When Samuel heard all that the people said, he repeated it before the LORD. The LORD answered, “Listen to them and give them a king.”

Then Samuel said to the Israelites, “Everyone go back to your own town.”

Samuel a judge/prophet
His sons did evil in Samuel’s eyes
Samuel takes the rejection personally
God adjusts his perspective
Gideon had said asking for a king was sin in

The Israelites said to Gideon, “Rule over us—you, your son and your grandson—because you have saved us from the hand of Midian.”

But Gideon told them, “I will not rule over you, nor will my son rule over you. The LORD will rule over you.”

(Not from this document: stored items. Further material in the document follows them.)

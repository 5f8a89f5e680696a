-- ===== src/PipeServer/Logged.antt =====
-- The log file of lab09's server against the lines that main() and the threads print.
use c_teaching.Prelude.{
  ℕ, suc, ◌<◌, ◌≤◌, ◌≡◌, refl, ap, sym, subst, ◌∙◌, true, false, Option, none, some, List, [], ◌∷◌,
  ◌++◌, arith,
}
use c_teaching.Sys.{Answer}
use c_teaching.Threads.{update, update-all, update-cases}
use c_teaching.Servers.Handler
use c_teaching.Servers.Handler.{begin}
use c_teaching.Servers.Sent
use c_teaching.Logger
use c_teaching.Logger.Run
use c_teaching.Logger.Correct.{log-IsPrefix, log-ended}
use c_teaching.PipeServer.{
  Line, Main, accepting, creating, allocating, killing, exiting, Thread, absent, created,
  announcing, handling, freeing, Texts, Server, init, print, set_thread, signal_logger, end_server,
  after_call, Step, Reach, here, then_step,
}
use c_teaching.PipeServer.Lines.{text_of, text_of-snoc, own, own-snoc, own-snoc_other, printed_at}

module _ (texts : Texts) where
  -- Some run of connection_handler leads there.
  abbrev pub Runs : Thread → Type 0
  Runs (handling p a h pc) =
      (got : List ℕ) × (lost : ℕ) × Sent.Reach (texts.welcome a) h pc got lost
  Runs _ = Unit {0}

  pub record Inv (s : Server) : Type 0 where
    pub logs : Logger.Run.Reach Logger.init Logger.reading s.logger s.logger_pc
    pub open_pipe : s.exited ≡ false → s.logger.writers ≡ true
    pub served : s.logger.served ≡ text_of s.printed
    pub lines : (i : ℕ) → own i s.printed ≡ printed_at texts i (s.threads i)
    pub unborn : (i : ℕ) → s.spawned ≤ i → s.threads i ≡ absent
    pub runs : (i : ℕ) → Runs (s.threads i)

  init-Inv : (p : ℕ) → Inv (init p)
  init-Inv p = record {
    logs = Logger.Run.here;
    open_pipe = λ up. refl;
    served = refl;
    lines = λ i. refl;
    unborn = λ i ge. refl;
    runs = λ i. tt;
  }

  -- main() prints a line.
  main_prints-Inv :
      (s : Server) (text : List ℕ) → s.exited ≡ false → Inv s → Inv (print s none text)
  main_prints-Inv s text up inv = record {
    logs = Logger.Run.served_bytes text inv.logs (inv.open_pipe up);
    open_pipe = inv.open_pipe;
    served =
        ap (λ k. k ++ text) inv.served
        ∙ sym (text_of-snoc s.printed (record { author = none; text = text }));
    lines =
        λ i. own-snoc_other i s.printed (record { author = none; text = text }) refl ∙ inv.lines i;
    unborn = inv.unborn;
    runs = inv.runs;
  }

  -- A thread goes on without a line.
  thread-Inv :
      (s : Server) (i : ℕ) (new : Thread)
      → i < s.spawned
      → printed_at texts i new ≡ printed_at texts i (s.threads i)
      → Runs new
      → Inv s
      → Inv (set_thread s i new)
  thread-Inv s i new lt same run inv = record {
    logs = inv.logs;
    open_pipe = inv.open_pipe;
    served = inv.served;
    lines =
        update-all (λ j t. own j s.printed ≡ printed_at texts j t) s.threads i new inv.lines
          (inv.lines i ∙ sym same);
    unborn = λ j ge. ground (arith, inv.unborn j ge);
    runs = update-all (λ j t. Runs t) s.threads i new inv.runs run;
  }

  -- A thread prints a line and goes on.
  thread_prints-Inv :
      (s : Server) (i : ℕ) (new : Thread) (text : List ℕ)
      → s.exited ≡ false
      → i < s.spawned
      → printed_at texts i new ≡ printed_at texts i (s.threads i) ++ text ∷ []
      → Runs new
      → Inv s
      → Inv (print (set_thread s i new) (some i) text)
  thread_prints-Inv s i new text up lt more run inv = record {
    logs = Logger.Run.served_bytes text inv.logs (inv.open_pipe up);
    open_pipe = inv.open_pipe;
    served = ap (λ k. k ++ text) inv.served ∙ sym (text_of-snoc s.printed line);
    lines =
        update-cases (λ j t. own j (s.printed ++ line ∷ []) ≡ printed_at texts j t) s.threads i new
          (own-snoc i s.printed line (ground arith)
            ∙ ap (λ k. k ++ text ∷ []) (inv.lines i)
            ∙ sym more)
          (λ j ne. own-snoc_other j s.printed line ne ∙ inv.lines j);
    unborn = λ j ge. ground (arith, inv.unborn j ge);
    runs = update-all (λ j t. Runs t) s.threads i new inv.runs run;
  }
    where
      line : Line
      line = record { author = some i; text = text }

  signal-Inv : (s : Server) → Inv s → Inv (signal_logger s)
  signal-Inv s inv = record {
    logs = Logger.Run.signalled inv.logs;
    open_pipe = inv.open_pipe;
    served = inv.served;
    lines = inv.lines;
    unborn = inv.unborn;
    runs = inv.runs;
  }

  end-Inv : (s : Server) → Inv s → Inv (end_server s)
  end-Inv s inv = record {
    logs = Logger.Run.hung_up inv.logs;
    open_pipe = λ up. cc;
    served = inv.served;
    lines = inv.lines;
    unborn = inv.unborn;
    runs = inv.runs;
  }

  -- main() goes on without a line.
  main-Inv :
      (s : Server) (main : Main) (client_addr : ℕ) (heap : ℕ → Option ℕ)
      → Inv s
      → Inv (record s { main = main; client_addr = client_addr; heap = heap })
  main-Inv s main client_addr heap inv = record {
    logs = inv.logs;
    open_pipe = inv.open_pipe;
    served = inv.served;
    lines = inv.lines;
    unborn = inv.unborn;
    runs = inv.runs;
  }

  create-Inv :
      (s : Server)
      → Inv s
      → Inv (record s {
        main = allocating;
        spawned = suc s.spawned;
        threads = update s.threads s.spawned (created s.client_addr);
      })
  create-Inv s inv = record {
    logs = inv.logs;
    open_pipe = inv.open_pipe;
    served = inv.served;
    lines =
        update-all (λ j t. own j s.printed ≡ printed_at texts j t) s.threads s.spawned
          (created s.client_addr) inv.lines
          (inv.lines s.spawned
            ∙ ap (printed_at texts s.spawned) (inv.unborn s.spawned (omega arith)));
    unborn = λ j ge. ground (arith, inv.unborn j (omega (arith, ge)));
    runs = update-all (λ j t. Runs t) s.threads s.spawned (created s.client_addr) inv.runs tt;
  }

  logs-Inv :
      (s : Server) (a : Answer)
      → Logger.Run.Possible s.logger s.logger_pc a
      → Inv s
      → Inv (record s {
        logger = (Logger.step s.logger s.logger_pc a).0;
        logger_pc = (Logger.step s.logger s.logger_pc a).1;
      })
  logs-Inv s a possible inv = record {
    logs = Logger.Run.answered a inv.logs possible;
    open_pipe = λ up. kept.1 ∙ inv.open_pipe up;
    served = kept.0 ∙ inv.served;
    lines = inv.lines;
    unborn = inv.unborn;
    runs = inv.runs;
  }
    where
      kept :
          ((Logger.step s.logger s.logger_pc a).0.served ≡ s.logger.served)
          × ((Logger.step s.logger s.logger_pc a).0.writers ≡ s.logger.writers)
      kept = Logger.Run.step_keeps s.logger s.logger_pc a

  printed_at-after_call :
      (i p a : ℕ) (h : Handler.State) (pc : Handler.Pc)
      → printed_at texts i (after_call p a h pc) ≡ texts.handles i a ∷ []
  printed_at-after_call i p a h Handler.Pc.returned = refl
  printed_at-after_call i p a h Handler.Pc.exited = refl
  printed_at-after_call i p a h pc = refl

  after_call-Runs :
      (p a : ℕ) (h : Handler.State) (pc : Handler.Pc)
      → Runs (handling p a h pc)
      → Runs (after_call p a h pc)
  after_call-Runs p a h Handler.Pc.returned run = tt
  after_call-Runs p a h Handler.Pc.exited run = tt
  after_call-Runs p a h pc run = run

  step-Inv : {s t : Server} → Step texts s t → Inv s → Inv t
  step-Inv {s} (Step.close_log up at) inv = main-Inv s _ _ _ inv
  step-Inv {s} (Step.close_pipe up at) inv = main-Inv s _ _ _ inv
  step-Inv {s} (Step.redirect up at) inv = main-Inv s _ _ _ inv
  step-Inv {s} (Step.set_up_fails up at) inv = main-Inv s _ _ _ inv
  step-Inv {s} (Step.boot up at) inv =
      main_prints-Inv _ _ up (main-Inv s accepting s.client_addr s.heap inv)
  step-Inv {s} (Step.accept peer up at) inv = main-Inv s _ _ _ inv
  step-Inv {s} (Step.debug up at) inv =
      main_prints-Inv _ _ up (main-Inv s creating s.client_addr s.heap inv)
  step-Inv {s} (Step.create up at) inv = create-Inv s inv
  step-Inv {s} (Step.allocate p up at free) inv = main-Inv s _ _ _ inv
  step-Inv {s} (Step.main_fails up at) inv = main-Inv s _ _ _ inv
  step-Inv {s} (Step.main_reports text up at) inv =
      main_prints-Inv _ _ up (main-Inv s killing s.client_addr s.heap inv)
  step-Inv {s} (Step.main_kills up at) inv =
      signal-Inv _ (main-Inv s exiting s.client_addr s.heap inv)
  step-Inv {s} (Step.main_exits up at) inv = end-Inv s inv
  step-Inv {s} (Step.read_address i {p} {a} up lt at there) inv =
      thread-Inv s i (announcing p a) lt (rw at refl) tt inv
  step-Inv {s} (Step.announce i {p} {a} up lt at) inv =
      thread_prints-Inv s i (handling p a (begin (texts.welcome a)) Handler.Pc.welcoming)
        (texts.handles i a) up lt (rw at refl) ([], 0, Sent.start) inv
  step-Inv {s} (Step.handle i {p} {a} {h} {pc} r up lt at possible) inv =
      let (got, lost, run) = rw at at (inv.runs i) in
      thread-Inv s i (after_call p a (Handler.step h pc r).0 (Handler.step h pc r).1) lt
        (rw at (printed_at-after_call i p a (Handler.step h pc r).0 (Handler.step h pc r).1))
        (after_call-Runs p a (Handler.step h pc r).0 (Handler.step h pc r).1
          (_, _, Sent.next r run possible))
        inv
  step-Inv {s} (Step.leave i {p} {a} {h} up lt at) inv =
      thread_prints-Inv s i (freeing p a h) (texts.closes i a) up lt (rw at refl) tt inv
  step-Inv {s} (Step.free i {p} {a} up lt at) inv =
      main-Inv _ _ _ _ (thread-Inv s i (Thread.done a) lt (rw at refl) tt inv)
  step-Inv {s} (Step.thread_reports i {a} text up lt at) inv =
      thread_prints-Inv s i (Thread.killing a text) text up lt (rw at refl) tt inv
  step-Inv {s} (Step.kill i {a} {text} up lt at) inv =
      signal-Inv _ (thread-Inv s i (Thread.exiting a text) lt (rw at refl) tt inv)
  step-Inv {s} (Step.exit i up lt at) inv = end-Inv s inv
  step-Inv {s} (Step.killed up) inv = end-Inv s inv
  step-Inv {s} Step.signalled inv = signal-Inv s inv
  step-Inv {s} (Step.logs a possible) inv = logs-Inv s a possible inv

  Reach-Inv : {p : ℕ} {s : Server} → Reach texts (init p) s → Inv s
  Reach-Inv {p} here = init-Inv p
  Reach-Inv (then_step run step) = step-Inv step (Reach-Inv run)

-- In every reachable state of the whole server.c: the log file is a prefix of the lines that main()
-- and the threads have printed, joined in their order; the lines of a thread are, in order, those
-- that it prints before the call at which it stands; and a thread that makes the calls of
-- connection_handler has got there by a run of its own.
pub pipe_log :
    {texts : Texts} {p : ℕ} {s : Server}
    → Reach texts (init p) s
    → ((rest : List ℕ) × (s.logger.log ++ rest ≡ text_of s.printed))
      × ((i : ℕ) → own i s.printed ≡ printed_at texts i (s.threads i))
      × ((i : ℕ) → Runs texts (s.threads i))
pipe_log {texts} run =
    let inv = Reach-Inv texts run in
    let (rest, eq) = log-IsPrefix inv.logs in ((rest, eq ∙ inv.served), inv.lines, inv.runs)

-- When the Logger has ended with success and no signal has come to it, the log file of the whole
-- server.c is all the lines that main() and the threads have printed, joined in their order.
pub pipe_log_whole :
    {texts : Texts} {p : ℕ} {s : Server}
    → Reach texts (init p) s
    → s.logger_pc ≡ Logger.Pc.ended
    → s.logger.should_stop ≡ false
    → s.logger.log ≡ text_of s.printed
pipe_log_whole {texts} {s} run at calm =
    let inv = Reach-Inv texts run in
    log-ended (subst (λ pc. Logger.Run.Reach Logger.init Logger.reading s.logger pc) at inv.logs)
      calm
    ∙ inv.served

“Take...” Kingship would be an invasive institution and it would constitute a heavy burden upon the people.
Crying out to God about the kingship would happen particularly during Solomon’s reign. There was an unbelievable amount of forced labor, Canaanites AND Israelites. The prophets called Solomon out in particular about the enslaving of Israelites.


We are an insecure people
We can be secure in God’s kingship
The people of God have always been a monarchy.
The King was responsible for exercising justice and righteousness.
We can perform the ritual of being righteous and not consider God as king
The problem is, human kings have always found themselves at a deficit when it comes to justice and righteousness.
Whose kingdom are we building?
That’s why God told them what he did when it came to what a king would do to them. He knew the people would eventually see that humanity couldn’t bring justice and righteousness the way God could. That was the ultimate undoing of the people of God.
The lordship of our life is indicated by the way we choose to live our life, what our priorities are.
Do we trust God to bring justice and righteousness?
So much so that the people of God would be very conscious of their allegiance and behavior?
Self sufficiency (God is God as long as we can do it ourselves, but the moment we need him we aren’t sure and don’t like to owe him anything)
Who is sitting on God’s throne? Is it us trying to make something happen? To bring justice and righteousness our own way? Or have we put some other human there to lead us into justice and righteousness?
How radical is our desire for God’s justice and righteousness? The kind of justice and righteousness that comes from a heart of perfect love for mankind?
Is it so radical that we would do anything and everything to see it come to reality?
What would Gods’ justice and righteousness look like in the most tense places in our culture and community?
Where would God’s justice and righteousness make us very uncomfortable and aware?